■ INSTRUCTIONS FOR THE TASK:
Report each line of the records below that holds the word "equal".

### DATA FOR THIS TASK

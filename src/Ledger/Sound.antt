-- ===== src/Ledger/Sound.antt =====
-- The invariant of the ledger.
pub mod Counting
pub mod Posting
pub mod Post
pub mod Balanced
pub mod Report
use moneybee_backend.Base.{
  ℕ, ◌+◌, ◌≤◌, ◌≡◌, ◌≢◌, true, List, [], ◌∷◌, ◌==◌, contains, All, if◌then◌else◌,
}
use moneybee_backend.Ledger.Records.{LedgerAccount, JournalEntry, JournalPosting, LedgerDb}
use moneybee_backend.Ledger.Journal.{on_debit, on_credit, postings_of}
use moneybee_backend.Ledger.Balance.{accounts_in, ids_of}

-- how many rows have the key
abbrev pub accounts_with : ℕ → List LedgerAccount → ℕ
accounts_with k [] = 0
accounts_with k (a ∷ rest) = (if a.id == k then 1 else 0) + accounts_with k rest

abbrev pub posting_debits : List JournalPosting → ℕ
posting_debits [] = 0
posting_debits (p ∷ ps) = on_debit p.side p.amount + posting_debits ps

abbrev pub posting_credits : List JournalPosting → ℕ
posting_credits [] = 0
posting_credits (p ∷ ps) = on_credit p.side p.amount + posting_credits ps

-- every posting is to an account of the entry's organization and currency
abbrev pub IsServed : LedgerDb → JournalEntry → Type 0
IsServed db e =
    All
      (λ (p : JournalPosting).
        contains p.account_id (ids_of (accounts_in e.organization_id e.currency db)) ≡ true)
      (postings_of e.id db)

abbrev pub IsBalanced : LedgerDb → JournalEntry → Type 0
IsBalanced db e = posting_debits (postings_of e.id db) ≡ posting_credits (postings_of e.id db)

-- The primary key of the accounts, and what every entry satisfies.
pub record IsSound (db : LedgerDb) : Type 0 where
  pub one_account : (k : ℕ) → accounts_with k db.accounts ≤ 1
  pub balanced : All (IsBalanced db) db.entries
  pub served : All (IsServed db) db.entries

-- An id that no row uses yet, as `uuid.uuid4()` gives it.
pub record IsFresh (k : ℕ) (db : LedgerDb) : Type 0 where
  pub no_account : accounts_with k db.accounts ≡ 0
  pub no_posting : postings_of k db ≡ []
  pub no_entry : All (λ (e : JournalEntry). e.id ≢ k) db.entries
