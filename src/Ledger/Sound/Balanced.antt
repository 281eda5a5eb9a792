-- ===== src/Ledger/Sound/Balanced.antt =====
-- The sums of a trial balance in a sound ledger.
use moneybee_backend.Base.{
  ℕ, ◌+◌, ◌≡◌, refl, arith, String, Bool, true, List, [], ◌∷◌, ◌++◌, ◌==◌, ==_iff, contains, filter,
  All, All-append, Bool-cases, inl, inr, ap, sym, subst, map, equal→eq,
}
use moneybee_backend.Base.Text.{String-discrete}
use moneybee_backend.Ledger.Records.{LedgerAccount, JournalEntry, JournalPosting, LedgerDb}
use moneybee_backend.Ledger.Journal.{same_text, on_debit, on_credit, postings_of}
use moneybee_backend.Ledger.Balance.{
  TrialBalanceLine, start_totals, add_posting, add_postings, is_listed, joined, rows_of_entry, rows,
  sum_debits, sum_credits, accounts_in, ids_of, totals_of, read_balance,
}
use moneybee_backend.Ledger.Sound.{posting_debits, posting_credits, IsServed, IsBalanced, IsSound}

abbrev pub line_ids : List TrialBalanceLine → List ℕ
line_ids = map (λ l. l.account_id)

line_ids-start :
    (accounts : List LedgerAccount) → line_ids (start_totals accounts) ≡ ids_of accounts
line_ids-start [] = refl
line_ids-start (a ∷ rest) = ap (λ l. a.id ∷ l) (line_ids-start rest)

start_sums :
    (accounts : List LedgerAccount)
    → (sum_debits (start_totals accounts) ≡ 0) × (sum_credits (start_totals accounts) ≡ 0)
start_sums [] = (refl, refl)
start_sums (a ∷ rest) = ground (arith, start_sums rest)

line_ids-add_posting :
    (p : JournalPosting) (t : List TrialBalanceLine) → line_ids (add_posting p t) ≡ line_ids t
line_ids-add_posting p [] = refl
line_ids-add_posting p (l ∷ t) = elim (Bool-cases (l.account_id == p.account_id)) [
  | inl here ↦ rw here refl
  | inr later ↦ rw later (ap (λ ids. l.account_id ∷ ids) (line_ids-add_posting p t))
]

-- A posting to one of the lines adds its amount to one of the two sums.
sums_add_posting :
    (p : JournalPosting) (t : List TrialBalanceLine)
    → contains p.account_id (line_ids t) ≡ true
    → (sum_debits (add_posting p t) ≡ on_debit p.side p.amount + sum_debits t)
      × (sum_credits (add_posting p t) ≡ on_credit p.side p.amount + sum_credits t)
sums_add_posting p [] h = cc
sums_add_posting p (l ∷ t) h = elim (Bool-cases (l.account_id == p.account_id)) [
  | inl here ↦ rw here (omega arith, omega arith)
  | inr later ↦
      let (d, c) = sums_add_posting p t (rw later at h) in
      rw later (omega (arith, d), omega (arith, c))
]

sums_add_postings :
    (ps : List JournalPosting) (t : List TrialBalanceLine)
    → All (λ (p : JournalPosting). contains p.account_id (line_ids t) ≡ true) ps
    → (sum_debits (add_postings ps t) ≡ posting_debits ps + sum_debits t)
      × (sum_credits (add_postings ps t) ≡ posting_credits ps + sum_credits t)
unfolding add_postings
sums_add_postings [] t h = (omega arith, omega arith)
sums_add_postings (p ∷ ps) t h =
    let (d, c) = sums_add_posting p t h.0 in
    let (ds, cs) = sums_add_postings ps (add_posting p t) (
      subst (λ ids. All (λ (x : JournalPosting). contains x.account_id ids ≡ true) ps)
        (sym (line_ids-add_posting p t)) h.1) in
    (omega (arith, d, ds), omega (arith, c, cs))

sums_append :
    (ps qs : List JournalPosting)
    → (posting_debits (ps ++ qs) ≡ posting_debits ps + posting_debits qs)
      × (posting_credits (ps ++ qs) ≡ posting_credits ps + posting_credits qs)
sums_append [] qs = (omega arith, omega arith)
sums_append (p ∷ ps) qs = let (d, c) = sums_append ps qs in (omega (arith, d), omega (arith, c))

-- The join gives only postings to the asked accounts.
rows_of_entry-All :
    (ids : List ℕ) (e : JournalEntry) (ps : List JournalPosting)
    → All (λ (p : JournalPosting). contains p.account_id ids ≡ true) (rows_of_entry ids e ps)
unfolding rows_of_entry
rows_of_entry-All ids e [] = tt
rows_of_entry-All ids e (p ∷ ps) = elim (Bool-cases (joined ids p e)) [
  | inl in_join ↦ rw in_join (ground arith, rows_of_entry-All ids e ps)
  | inr out ↦ rw out (rows_of_entry-All ids e ps)
]

rows-All :
    (ids : List ℕ) (listed : JournalEntry → Bool) (es : List JournalEntry)
    (ps : List JournalPosting)
    → All (λ (p : JournalPosting). contains p.account_id ids ≡ true) (rows ids listed es ps)
unfolding rows
rows-All ids listed [] ps = tt
rows-All ids listed (e ∷ es) ps = elim (Bool-cases (listed e)) [
  | inl asked ↦ rw asked (
      All-append _ (rows_of_entry ids e ps) (rows ids listed es ps) (rows_of_entry-All ids e ps)
        (rows-All ids listed es ps))
  | inr out ↦ rw out (rows-All ids listed es ps)
]

-- An entry that is served whole is joined with all of its postings.
rows_of_entry-served :
    (ids : List ℕ) (e : JournalEntry) (ps : List JournalPosting)
    → All
        (λ (p : JournalPosting). contains p.account_id ids ≡ true)
        (filter (λ (p : JournalPosting). p.journal_entry_id == e.id) ps)
    → rows_of_entry ids e ps ≡ filter (λ (p : JournalPosting). p.journal_entry_id == e.id) ps
unfolding rows_of_entry
rows_of_entry-served ids e [] h = refl
rows_of_entry-served ids e (p ∷ ps) h = elim (Bool-cases (p.journal_entry_id == e.id)) [
  | inl here ↦
      let (c, rest) : (contains p.account_id ids ≡ true)
          × All (λ (x : JournalPosting). contains x.account_id ids ≡ true)
              (filter (λ (x : JournalPosting). x.journal_entry_id == e.id) ps) =
        rw here at h in
      rw (here, c) (ap (λ l. p ∷ l) (rows_of_entry-served ids e ps rest))
  | inr other ↦ rw other (rows_of_entry-served ids e ps (rw other at h))
]

module _ (o : ℕ) (currency : String) (as_of : ℕ) (db : LedgerDb) where
  ids : List ℕ
  ids = ids_of (accounts_in o currency db)

  same_key :
      (e : JournalEntry)
      → is_listed o currency as_of e ≡ true
      → (e.organization_id ≡ o) × (e.currency ≡ currency)
  unfolding same_text
  same_key e h = (
    (==_iff e.organization_id o).0 (ground arith),
    equal→eq String-discrete e.currency currency (ground arith),
  )

  IsServed-ids :
      (e : JournalEntry)
      → is_listed o currency as_of e ≡ true
      → IsServed db e
      → rows_of_entry ids e db.postings ≡ postings_of e.id db
  unfolding ids postings_of
  IsServed-ids e listed served =
      let (same_o, same_c) = same_key e listed in
      rows_of_entry-served ids e db.postings (rw (same_o, same_c) at served)

  rows_even :
      (es : List JournalEntry)
      → All (IsBalanced db) es
      → All (IsServed db) es
      → posting_debits (rows ids (is_listed o currency as_of) es db.postings)
        ≡ posting_credits (rows ids (is_listed o currency as_of) es db.postings)
  unfolding rows
  rows_even [] b s = refl
  rows_even (e ∷ es) b s = elim (Bool-cases (is_listed o currency as_of e)) [
    | inr out ↦ rw out (rows_even es b.1 s.1)
    | inl listed ↦
        let (d, c) =
          sums_append (postings_of e.id db)
            (rows ids (is_listed o currency as_of) es db.postings) in
        rw (listed, IsServed-ids e listed s.0) (omega (arith, d, c, b.0, rows_even es b.1 s.1))
  ]

  -- In a sound ledger the trial balance of any organization, currency and date is balanced.
  pub read_balance_balanced : IsSound db → (read_balance o currency as_of db).balanced ≡ true
  unfolding read_balance totals_of ids
  read_balance_balanced sound =
      let accounts = accounts_in o currency db in
      let t = start_totals accounts in
      let joined_rows = rows ids (is_listed o currency as_of) db.entries db.postings in
      let (d, c) = sums_add_postings joined_rows t (
        subst
          (λ (l : List ℕ). All (λ (p : JournalPosting). contains p.account_id l ≡ true) joined_rows)
          (sym (line_ids-start accounts))
          (rows-All ids (is_listed o currency as_of) db.entries db.postings)) in
      let even = rows_even db.entries sound.balanced sound.served in
      let (d0, c0) = start_sums accounts in (==_iff _ _).1 (omega (arith, d, c, d0, c0, even))
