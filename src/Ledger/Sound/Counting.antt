-- ===== src/Ledger/Sound/Counting.antt =====
-- Counting the accounts that a query for ids finds.
use moneybee_backend.Base.{
  ℕ, ◌+◌, ◌≤◌, ◌≡◌, refl, arith, Bool, true, List, [], ◌∷◌, ◌==◌, contains, contains_cong, filter,
  length, All, Bool-cases, ==_iff, subst, inl, inr, if◌then◌else◌, ◌∙◌, sym,
}
use moneybee_backend.Ledger.Records.{LedgerAccount, PostingInput}
use moneybee_backend.Ledger.Journal.{account_ids}
use moneybee_backend.Ledger.Balance.{ids_of}
use moneybee_backend.Ledger.Sound.{accounts_with}

abbrev times : ℕ → List ℕ → ℕ
times j [] = 0
times j (k ∷ ks) = (if k == j then 1 else 0) + times j ks

-- The set of the account ids has each id once.
times-account_ids :
    (j : ℕ) (ps : List PostingInput)
    → times j (account_ids ps) ≡ (if contains j (account_ids ps) then 1 else 0)
times-account_ids j [] = refl
times-account_ids j (p ∷ ps) = elim (Bool-cases (contains p.account_id (account_ids ps))) [
  | inl known ↦ rw known (times-account_ids j ps)
  | inr new ↦
      rw new (ground (arith, times-account_ids j ps, contains_cong p.account_id j (account_ids ps)))
]

abbrev sum_over : (ℕ → ℕ) → List ℕ → ℕ
sum_over f [] = 0
sum_over f (k ∷ ks) = f k + sum_over f ks

sum_over-zero : (ks : List ℕ) → sum_over (λ k. 0) ks ≡ 0
sum_over-zero [] = refl
sum_over-zero (k ∷ ks) = omega (arith, sum_over-zero ks)

sum_over-accounts_with :
    (ks : List ℕ) (a : LedgerAccount) (rows : List LedgerAccount)
    → sum_over (λ k. accounts_with k (a ∷ rows)) ks
      ≡ times a.id ks + sum_over (λ k. accounts_with k rows) ks
sum_over-accounts_with [] a rows = refl
sum_over-accounts_with (k ∷ ks) a rows = ground (arith, sum_over-accounts_with ks a rows)

length-found :
    (ps : List PostingInput) (rows : List LedgerAccount)
    → length (filter (λ (a : LedgerAccount). contains a.id (account_ids ps)) rows)
      ≡ sum_over (λ k. accounts_with k rows) (account_ids ps)
length-found ps [] = omega (arith, sum_over-zero (account_ids ps))
length-found ps (a ∷ rows) = ground (
  arith,
  length-found ps rows,
  sum_over-accounts_with (account_ids ps) a rows,
  times-account_ids a.id ps,
)

sum_over-le : (f : ℕ → ℕ) (ks : List ℕ) → ((k : ℕ) → f k ≤ 1) → sum_over f ks ≤ length ks
sum_over-le f [] h = omega arith
sum_over-le f (k ∷ ks) h = omega (arith, h k, sum_over-le f ks h)

all_ones :
    (f : ℕ → ℕ) (ks : List ℕ) (j : ℕ)
    → ((k : ℕ) → f k ≤ 1)
    → sum_over f ks ≡ length ks
    → contains j ks ≡ true
    → 1 ≤ f j
all_ones f [] j h e m = cc
all_ones f (k ∷ ks) j h e m = elim (Bool-cases (k == j)) [
  | inl here ↦ subst (λ x. 1 ≤ f x) ((==_iff k j).0 here) (omega (arith, sum_over-le f ks h))
  | inr later ↦ all_ones f ks j h (omega (arith, h k, sum_over-le f ks h)) (ground arith)
]

accounts_with-filter :
    (k : ℕ) (ids : List ℕ) (rows : List LedgerAccount)
    → contains k ids ≡ true
    → accounts_with k (filter (λ (a : LedgerAccount). contains a.id ids) rows)
      ≡ accounts_with k rows
accounts_with-filter k ids [] h = refl
accounts_with-filter k ids (a ∷ rows) h =
    ground (arith, accounts_with-filter k ids rows h, contains_cong a.id k ids)

-- If the query finds as many accounts as there are ids, it finds one for each id.
pub found_each :
    (ps : List PostingInput) (rows : List LedgerAccount) (k : ℕ)
    → ((j : ℕ) → accounts_with j rows ≤ 1)
    → length (filter (λ (a : LedgerAccount). contains a.id (account_ids ps)) rows)
      ≡ length (account_ids ps)
    → contains k (account_ids ps) ≡ true
    → 1 ≤ accounts_with k (filter (λ (a : LedgerAccount). contains a.id (account_ids ps)) rows)
found_each ps rows k one e m =
    rw (accounts_with-filter k (account_ids ps) rows m) (
      all_ones (λ j. accounts_with j rows) (account_ids ps) k one (sym (length-found ps rows) ∙ e)
        m)

-- Rows of one query that all pass another are counted by it.
pub accounts_with-filter_mono :
    (k : ℕ) (p q : LedgerAccount → Bool) (rows : List LedgerAccount)
    → All (λ a. q a ≡ true) (filter p rows)
    → accounts_with k (filter p rows) ≤ accounts_with k (filter q rows)
accounts_with-filter_mono k p q [] h = omega arith
accounts_with-filter_mono k p q (a ∷ rows) h = elim (Bool-cases (p a)) [
  | inl in_p ↦
      let (passes, rest) : (q a ≡ true) × All (λ x. q x ≡ true) (filter p rows) = rw in_p at h in
      rw (in_p, passes) (omega (arith, accounts_with-filter_mono k p q rows rest))
  | inr out ↦
      let rest : All (λ x. q x ≡ true) (filter p rows) = rw out at h in
      rw out (ground (arith, accounts_with-filter_mono k p q rows rest))
]

pub contains-ids_of :
    (k : ℕ) (rows : List LedgerAccount) → 1 ≤ accounts_with k rows → contains k (ids_of rows) ≡ true
contains-ids_of k [] h = absurd (omega arith)
contains-ids_of k (a ∷ rows) h = ground (arith, contains-ids_of k rows)

-- every posting's account is among the ids that are asked for
abbrev pub Asked : List ℕ → List PostingInput → Type 0
Asked ids ps = All (λ (p : PostingInput). contains p.account_id ids ≡ true) ps

Asked-cons : (k : ℕ) (ids : List ℕ) (ps : List PostingInput) → Asked ids ps → Asked (k ∷ ids) ps
Asked-cons k ids [] h = tt
Asked-cons k ids (p ∷ ps) h = (ground (arith, h.0), Asked-cons k ids ps h.1)

pub Asked-for : (ps : List PostingInput) → Asked (account_ids ps) ps
Asked-for [] = tt
Asked-for (p ∷ ps) = elim (Bool-cases (contains p.account_id (account_ids ps))) [
  | inl known ↦
      let same : account_ids (p ∷ ps) ≡ account_ids ps = rw known in
      subst (λ ids. Asked ids (p ∷ ps)) (sym same) (known, Asked-for ps)
  | inr new ↦
      let more : account_ids (p ∷ ps) ≡ p.account_id ∷ account_ids ps = rw new in
      subst (λ ids. Asked ids (p ∷ ps)) (sym more)
        (ground arith, Asked-cons p.account_id (account_ids ps) ps (Asked-for ps))
]
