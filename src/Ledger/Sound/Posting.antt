-- ===== src/Ledger/Sound/Posting.antt =====
-- The invariant of the ledger under a new journal.
use moneybee_backend.Base.{
  ℕ, ◌≡◌, ◌≢◌, refl, arith, String, true, ◌&&◌, List, [], ◌∷◌, ◌++◌, ◌==◌, ==_refl, ==_ne, contains,
  filter, All, All-append, All-zip, Bool-cases, inl, inr, ap, ◌∙◌, sym, append-nil,
}
use moneybee_backend.Base.Action.{ok}
use moneybee_backend.Ledger.Records.{
  LedgerAccount, JournalEntry, JournalPosting, PostingInput, LedgerDb,
}
use moneybee_backend.Ledger.Journal.{
  same_text, input_debits, input_credits, postings_of, check_accounts, new_posting, new_postings,
  add_journal,
}
use moneybee_backend.Ledger.Balance.{accounts_in, ids_of}
use moneybee_backend.Ledger.Sound.{
  posting_debits, posting_credits, IsServed, IsBalanced, IsSound, IsFresh,
}

-- The postings of an entry after a list of new ones.
of_entry : ℕ → List JournalPosting → List JournalPosting
of_entry k ps = filter (λ (p : JournalPosting). p.journal_entry_id == k) ps

of_entry-append :
    (k : ℕ) (ps qs : List JournalPosting) → of_entry k (ps ++ qs) ≡ of_entry k ps ++ of_entry k qs
unfolding of_entry
of_entry-append k [] qs = refl
of_entry-append k (p ∷ ps) qs = elim (Bool-cases (p.journal_entry_id == k)) [
  | inl here ↦ rw here (ap (λ l. p ∷ l) (of_entry-append k ps qs))
  | inr other ↦ rw other (of_entry-append k ps qs)
]

of_entry-new_postings :
    (k : ℕ) (currency : String) (items : List PostingInput)
    → of_entry k (new_postings k currency items) ≡ new_postings k currency items
unfolding of_entry
of_entry-new_postings k currency [] = refl
of_entry-new_postings k currency (item ∷ rest) =
    rw (==_refl k)
      (ap (λ l. new_posting k currency item ∷ l) (of_entry-new_postings k currency rest))

of_entry-new_postings_ne :
    (j k : ℕ) (currency : String) (items : List PostingInput)
    → j ≢ k
    → of_entry j (new_postings k currency items) ≡ []
unfolding of_entry
of_entry-new_postings_ne j k currency [] ne = refl
of_entry-new_postings_ne j k currency (item ∷ rest) ne =
    rw (==_ne k j (λ e. ne (sym e))) (of_entry-new_postings_ne j k currency rest ne)

posting_sums :
    (k : ℕ) (currency : String) (items : List PostingInput)
    → (posting_debits (new_postings k currency items) ≡ input_debits items)
      × (posting_credits (new_postings k currency items) ≡ input_credits items)
posting_sums k currency [] = (refl, refl)
posting_sums k currency (item ∷ rest) = ground (arith, posting_sums k currency rest)

-- The accounts that pass `check_accounts` are of the organization and the currency.
pub check_accounts-All :
    (organization_id : ℕ) (currency : String) (rows : List LedgerAccount) (db : LedgerDb)
    → (check_accounts organization_id currency rows db).0 ≡ ok tt
    → All
        (λ (a : LedgerAccount).
          (a.organization_id == organization_id && same_text a.currency currency) ≡ true)
        rows
unfolding check_accounts
check_accounts-All organization_id currency [] db h = tt
check_accounts-All organization_id currency (a ∷ rows) db h =
    (ground arith, check_accounts-All organization_id currency rows db (ground arith))

module _ (db : LedgerDb) (e : JournalEntry) (items : List PostingInput) where
  unfoldable pub after : LedgerDb
  after = add_journal e (new_postings e.id e.currency items) db

  postings_of-old : (k : ℕ) → k ≢ e.id → postings_of k after ≡ postings_of k db
  unfolding postings_of after of_entry
  postings_of-old k ne =
      of_entry-append k db.postings (new_postings e.id e.currency items)
      ∙ ap (λ l. of_entry k db.postings ++ l) (of_entry-new_postings_ne k e.id e.currency items ne)
      ∙ append-nil (of_entry k db.postings)

  postings_of-new :
      postings_of e.id db ≡ [] → postings_of e.id after ≡ new_postings e.id e.currency items
  unfolding postings_of after of_entry
  postings_of-new none_yet =
      of_entry-append e.id db.postings (new_postings e.id e.currency items)
      ∙ ap (λ l. l ++ of_entry e.id (new_postings e.id e.currency items)) none_yet
      ∙ of_entry-new_postings e.id e.currency items

  accounts_in-after : (o : ℕ) (c : String) → accounts_in o c after ≡ accounts_in o c db
  unfolding accounts_in after
  accounts_in-after o c = refl

  IsBalanced-old : (x : JournalEntry) → IsBalanced db x → x.id ≢ e.id → IsBalanced after x
  IsBalanced-old x h ne = rw (postings_of-old x.id ne) h

  IsServed-old : (x : JournalEntry) → IsServed db x → x.id ≢ e.id → IsServed after x
  IsServed-old x h ne =
      rw (postings_of-old x.id ne, accounts_in-after x.organization_id x.currency) h

  -- the accounts that the command names are of the entry's organization and currency
  abbrev pub Covers : Type 0
  Covers =
      All
        (λ (item : PostingInput).
          contains item.account_id (ids_of (accounts_in e.organization_id e.currency db)) ≡ true)
        items

  served_new :
      (k : ℕ) (ids : List ℕ) (rest : List PostingInput)
      → All (λ (item : PostingInput). contains item.account_id ids ≡ true) rest
      → All
          (λ (p : JournalPosting). contains p.account_id ids ≡ true)
          (new_postings k e.currency rest)
  served_new k ids [] h = tt
  served_new k ids (item ∷ rest) h = (h.0, served_new k ids rest h.1)

  pub add_journal-IsSound :
      IsSound db
      → IsFresh e.id db
      → input_debits items ≡ input_credits items
      → Covers
      → IsSound after
  unfolding after
  add_journal-IsSound sound fresh even covers = record {
    one_account = sound.one_account;
    balanced =
        All-append (IsBalanced after) db.entries (e ∷ [])
          (All-zip (IsBalanced db) (λ (x : JournalEntry). x.id ≢ e.id) (IsBalanced after) db.entries
            IsBalanced-old sound.balanced fresh.no_entry)
          (
            rw (postings_of-new fresh.no_posting) (
                (posting_sums e.id e.currency items).0
                ∙ even
                ∙ sym (posting_sums e.id e.currency items).1),
            tt,
          );
    served =
        All-append (IsServed after) db.entries (e ∷ [])
          (All-zip (IsServed db) (λ (x : JournalEntry). x.id ≢ e.id) (IsServed after) db.entries
            IsServed-old sound.served fresh.no_entry)
          (
            rw (postings_of-new fresh.no_posting, accounts_in-after e.organization_id e.currency)
                (served_new e.id (ids_of (accounts_in e.organization_id e.currency db)) items
                  covers),
            tt,
          );
  }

######

■ YOUR SOLUTION:
  All, All-append, Bool-cases, inl, inr, ap, sym, subst, map, equal→eq,
    equal→eq String-discrete e.currency currency (ground arith),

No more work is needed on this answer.